Channelling Henry

“So this novel you want to write, what’s the plot?”

“The plot is simple. A young artist moves to New York from somewhere else. The artist develops rapidly, stimulated by the charged atmosphere. The artist is too clever. The city and its denizens seem surreal … but it’s real. That’s what makes it so cruel. Even the fakes are real. She’s in deeper than she knows. She’s in trouble. Big trouble … ”

When Cassie Goldin takes up her scholarship at the Empire State University, the last thing she expects to encounter is a professor who seems to be writing a novel about her life. Then there’s her Australian friend Jeremy, also struggling with the permeable boundary between fiction and reality. Not to mention Hank, the street vendor with a dark past and a penchant for painting young girls.

And isn’t that Henry Miller himself, sitting in the corner spouting incomprehensible sound bites? In the tradition of literary noir, with a dash of New Age metaphysics and more action than a ticker tape parade, Channelling Henry is a millennium novel with a difference.

Author’s Note

I began writing this book in Brooklyn, September 1999. Since then, terrorists have killed a lot of people and destroyed the World Trade Centre.
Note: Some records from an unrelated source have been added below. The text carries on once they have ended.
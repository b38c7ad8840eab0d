-- ===== src/Policy/Rule.antt =====
-- internal/policy/engine.go: rules, their compilation, and the match of one rule.
use kordn.Base.{
  ℕ, List, [], ◌∷◌, Bool, true, false, not, ◌&&◌, ◌||◌, Bytes, codes, length, ◌==◌, ltb,
  if◌then◌else◌, bytes_eq, contains, has_prefix, Result, ok, err, ◌>>=◌, ◌>>◌, fail_if,
}
use kordn.AwsRequest.Mapping.{ScopeKind, known_global}
use kordn.Policy.Glob.{Glob, GlobError, match, compile_glob, ascii_lower}
use kordn.Policy.Arn.{
  is_nil, valid_identifier, valid_region, valid_account, valid_partition, parse_arn,
}

abbrev pub max_rule_values : ℕ
max_rule_values = 1000

-- `Effect` is a string of the configuration.
pub data Effect : Type 0 where
  allow deny : Effect
  other_effect : Bytes → Effect

-- `ruleSnapshot`.
pub record RuleSnapshot : Type 0 where
  pub id : Bytes
  pub effect : Effect
  pub actions : List Bytes
  pub resources : List Bytes
  pub regions : List Bytes
  pub accounts : List Bytes
  pub partitions : List Bytes
  pub wildcard : Bool

-- `compiledRule`; a set of strings is the list of its keys.
pub record CompiledRule : Type 0 where
  pub id : Bytes
  pub effect : Effect
  pub actions : List Glob
  pub resources : List Glob
  pub regions : List Bytes
  pub accounts : List Bytes
  pub partitions : List Bytes
  pub allow_aws_required_wildcard : Bool

pub data Label : Type 0 where
  region account partition : Label

pub data RuleError : Type 0 where
  bad_id bad_effect wildcard_on_deny lists_out_of_bounds : RuleError
  duplicate_action duplicate_resource : RuleError
  bad_action bad_resource : GlobError → RuleError
  too_many bad_constraint duplicate_constraint : Label → RuleError

abbrev pub is_deny : Effect → Bool
is_deny deny = true
is_deny _ = false

abbrev pub is_allow : Effect → Bool
is_allow allow = true
is_allow _ = false

-- `fmt.Errorf("action: %w", err)`.
abbrev pub wrap : (GlobError → RuleError) → Result GlobError Glob → Result RuleError Glob
wrap f (ok g) = ok g
wrap f (err e) = err (f e)

-- The loop over the actions; `seen` holds the folded texts already met.
unfoldable pub compile_actions : List Bytes → List Bytes → Result RuleError (List Glob)
compile_actions seen [] = ok []
compile_actions seen (value ∷ values) =
    let rest = compile_actions (ascii_lower value ∷ seen) values in
    do
      fail_if (contains seen (ascii_lower value)) duplicate_action
      glob ← wrap bad_action (compile_glob value true)
      globs ← rest
      ok (glob ∷ globs)

unfoldable pub compile_resources : List Bytes → List Bytes → Result RuleError (List Glob)
compile_resources seen [] = ok []
compile_resources seen (value ∷ values) =
    let rest = compile_resources (value ∷ seen) values in
    do
      fail_if (contains seen value) duplicate_resource
      glob ← wrap bad_resource (compile_glob value false)
      globs ← rest
      ok (glob ∷ globs)

-- The loop of `compileConstraintSet`, into `destination`.
unfoldable pub constraint_loop :
    Label → (Bytes → Bool) → List Bytes → List Bytes → Result RuleError (List Bytes)
constraint_loop label valid destination [] = ok destination
constraint_loop label valid destination (value ∷ values) =
    let rest = constraint_loop label valid (value ∷ destination) values in
    do
      fail_if (is_nil value || not (valid value)) (bad_constraint label)
      fail_if (contains destination value) (duplicate_constraint label)
      rest

unfoldable pub compile_constraint_set :
    Label → (Bytes → Bool) → List Bytes → Result RuleError (List Bytes)
compile_constraint_set label valid values = do
  fail_if (ltb max_rule_values (length values)) (too_many label)
  constraint_loop label valid [] values

unfoldable pub compile_rule : RuleSnapshot → Result RuleError CompiledRule
compile_rule source = do
  fail_if
      (length source.id == 0 || ltb 128 (length source.id) || not (valid_identifier source.id true))
      bad_id
  fail_if (not (is_allow source.effect) && not (is_deny source.effect)) bad_effect
  fail_if (is_deny source.effect && source.wildcard) wildcard_on_deny
  fail_if
      (length source.actions == 0
        || ltb max_rule_values (length source.actions)
        || length source.resources == 0
        || ltb max_rule_values (length source.resources))
      lists_out_of_bounds
  actions ← compile_actions [] source.actions
  resources ← compile_resources [] source.resources
  regions ← compile_constraint_set region valid_region source.regions
  accounts ← compile_constraint_set account valid_account source.accounts
  partitions ← compile_constraint_set partition valid_partition source.partitions
  ok (record {
    id = source.id;
    effect = source.effect;
    actions = actions;
    resources = resources;
    regions = regions;
    accounts = accounts;
    partitions = partitions;
    allow_aws_required_wildcard = source.wildcard;
  })

-- What `ruleMatches` reads of the request.
pub record RequestContext : Type 0 where
  pub partition : Bytes
  pub region : Bytes
  pub caller_account_id : Bytes

unfoldable pub constraint_matches : List Bytes → Bytes → Bool
constraint_matches [] value = true
constraint_matches (v ∷ vs) value = contains (v ∷ vs) value

unfoldable pub any_match : List Glob → Bytes → Bool
any_match [] value = false
any_match (g ∷ gs) value = if match g value then true else any_match gs value

unfoldable pub rule_has_literal_star : List Glob → Bool
rule_has_literal_star [] = false
rule_has_literal_star (g ∷ gs) =
    if bytes_eq g.pattern (codes "*") then true else rule_has_literal_star gs

abbrev pub is_known_global : ScopeKind → Bool
is_known_global known_global = true
is_known_global _ = false

abbrev pub has_constraint : CompiledRule → Bool
has_constraint rule =
    not (length rule.regions == 0)
    || not (length rule.accounts == 0)
    || not (length rule.partitions == 0)

-- The branch of `ruleMatches` for an ARN.
unfoldable pub arn_matches : CompiledRule → Bytes → RequestContext → Bool
arn_matches rule resource request = elim (parse_arn resource) [
  | err _ ↦ false
  | ok arn ↦
      if not (bytes_eq arn.partition request.partition)
      then false
      else if not (is_nil arn.region) && not (bytes_eq arn.region request.region)
      then false
      else constraint_matches rule.regions arn.region
        && constraint_matches rule.accounts arn.account
        && constraint_matches rule.partitions arn.partition
]

unfoldable pub rule_matches : CompiledRule → Bytes → Bytes → ScopeKind → RequestContext → Bool
rule_matches rule action resource scope request =
    if not (any_match rule.actions action)
    then false
    else if not (any_match rule.resources resource)
    then false
    else if has_prefix resource (codes "arn:")
    then arn_matches rule resource request
    else if bytes_eq resource (codes "*") && is_known_global scope
    then constraint_matches rule.regions request.region
      && constraint_matches rule.accounts request.caller_account_id
      && constraint_matches rule.partitions request.partition
    else if has_constraint rule
    then false
    else true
Why persist with fiction under these circumstances?

My Manhattan is an overcrowded third world island off the east coast of North America. It’s a place some people dreamed up a long while ago, and then it got out of hand.

The events depicted here are examples of what happens when the imagination is overheated. Henry Miller knew that better than anyone. I kept the following quote (from Tropic of Cancer) in front of me while I reworked what began in my imagination during that millennium-year sabbatical with my family.

‘If now and then we encounter pages that explode, that wound and sear, that wring groans and tears and curses, know they come from a man with his back up, a man with nothing left but his words.’

Bruce L. Russell
Fremantle, August 2003.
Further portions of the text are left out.